_Your objective:_ The lines from the one containing "named = λ h. (refl, refl);" through the end of the entries are what to output; reproduce them exactly and add nothing.

Saved entries:
..........
-- ===== src/Tunnel/Client/Faithful.antt =====
-- pkg/tunnel/isannd_client.go: every operation of a client, and every event of its reader, keeps it
-- loyal to one node.
use servers.Base.{
  ◌&&◌, Bool, ℕ, ◌≡◌, ◌⊎◌, refl, sym, subst, inl, inr, true, false, not, List, [], none, Text, eqt,
  eqt_iff, is_empty, Bool-cases, Option-cases, arith,
}
use servers.Tunnel.Client.{
  Network, IsanndClient, Action, new_client, dial_and_hello, connect, close, act_all,
}
use servers.Tunnel.Client.Identity.{frames, IsFaithful, IsLoyal}
use servers.Tunnel.Client.Rule.{act_all-rule}
use servers.Tunnel.Client.Sending.{
  idle-IsLoyal, named_as, named_as-IsLoyal, write_msg-IsLoyal, dial_and_hello-IsLoyal,
  mark_conn_dead-IsLoyal, is_empty→nil,
}

pub connect-cases :
    (net : Network) (id role : Text) (c : IsanndClient)
    → ((connect net id role c).0 ≡ c)
      ⊎ (((c.hello_id ≡ []) ⊎ (c.hello_id ≡ id))
          × (((connect net id role c).0 ≡ named_as c id role)
              ⊎ ((connect net id role c).0 ≡ (dial_and_hello net (named_as c id role)).0)))
unfolding connect
connect-cases net id role c = elim (Bool-cases c.closed) [
  | inl z ↦ inl (ground arith)
  | inr z ↦ elim (Bool-cases (not (is_empty c.hello_id) && not (eqt c.hello_id id))) [
    | inl b ↦ inl (ground arith)
    | inr b ↦ inr (
      free_or_same b,
      elim (Option-cases c.conn) [ inl h ↦ inr (ground arith) | inr (k, h) ↦ inl (ground arith) ],
    )
  ]
]
  where
    free_or_same :
        (not (is_empty c.hello_id) && not (eqt c.hello_id id)) ≡ false
        → (c.hello_id ≡ []) ⊎ (c.hello_id ≡ id)
    free_or_same b = elim (Bool-cases (is_empty c.hello_id)) [
      | inl e ↦ inl (is_empty→nil c.hello_id e)
      | inr e ↦ inr (ground (arith, eqt_iff c.hello_id id))
    ]

connect-IsLoyal :
    (net : Network) (id role : Text) (c : IsanndClient)
    → IsLoyal c
    → IsLoyal (connect net id role c).0
connect-IsLoyal net id role c i = elim (connect-cases net id role c) [
  | inl same ↦ subst IsLoyal (sym same) i
  | inr (own, inl h) ↦ subst IsLoyal (sym h) (named_as-IsLoyal c id role own i)
  | inr (own, inr h) ↦
      subst IsLoyal (sym h)
        (dial_and_hello-IsLoyal net (named_as c id role) (named_as-IsLoyal c id role own i))
]

flagged-IsLoyal :
    (c : IsanndClient) (b : Bool) → IsLoyal c → IsLoyal (record c { need_register = b })
flagged-IsLoyal c b i = record {
  faithful = i.faithful;
  greeted = i.greeted;
  fresh = i.fresh;
  named = i.named;
}

close-IsLoyal : (c : IsanndClient) → IsLoyal c → IsLoyal (close c)
unfolding close
close-IsLoyal c i = elim (Bool-cases c.closed) [
  | inl z ↦ simp (z) i
  | inr z ↦ rw z (shut (idle-IsLoyal c c.attempts c.sent i (omega arith)))
]
  where
    shut : IsLoyal (record c { conn = none }) → IsLoyal (record c { closed = true; conn = none })
    shut j = record { faithful = j.faithful; greeted = j.greeted; fresh = j.fresh; named = j.named }

new_client-IsLoyal : IsLoyal new_client
unfolding frames IsFaithful
new_client-IsLoyal = record {
  faithful = λ k. tt;
  greeted = λ k h. absurd (ground arith);
  fresh = λ k h. refl;
  named = λ h. (refl, refl);
}

-- Whatever a new client is asked and whichever dials and writes fail, what it has written on each
-- connection that it made is a hello for the node that it speaks for, and then frames that carry the
-- id of that node or none: no connection carries the frames of two nodes.
pub act_all-IsFaithful :
    (net : Network) (actions : List Action) (k : ℕ)
    → IsFaithful
        (act_all net new_client actions).hello_id
        (frames k (act_all net new_client actions).wire)
act_all-IsFaithful net actions k =
    (act_all-rule net IsLoyal (write_msg-IsLoyal net) (connect-IsLoyal net) mark_conn_dead-IsLoyal
        flagged-IsLoyal close-IsLoyal new_client actions new_client-IsLoyal).faithful
      k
..........
_Result for this exercise:_
  named = λ h. (refl, refl);
}

-- Whatever a new client is asked and whichever dials and writes fail, what it has written on each
-- connection that it made is a hello for the node that it speaks for, and then frames that carry the
-- id of that node or none: no connection carries the frames of two nodes.
pub act_all-IsFaithful :
    (net : Network) (actions : List Action) (k : ℕ)
    → IsFaithful
        (act_all net new_client actions).hello_id
        (frames k (act_all net new_client actions).wire)
act_all-IsFaithful net actions k =
    (act_all-rule net IsLoyal (write_msg-IsLoyal net) (connect-IsLoyal net) mark_conn_dead-IsLoyal
        flagged-IsLoyal close-IsLoyal new_client actions new_client-IsLoyal).faithful
      k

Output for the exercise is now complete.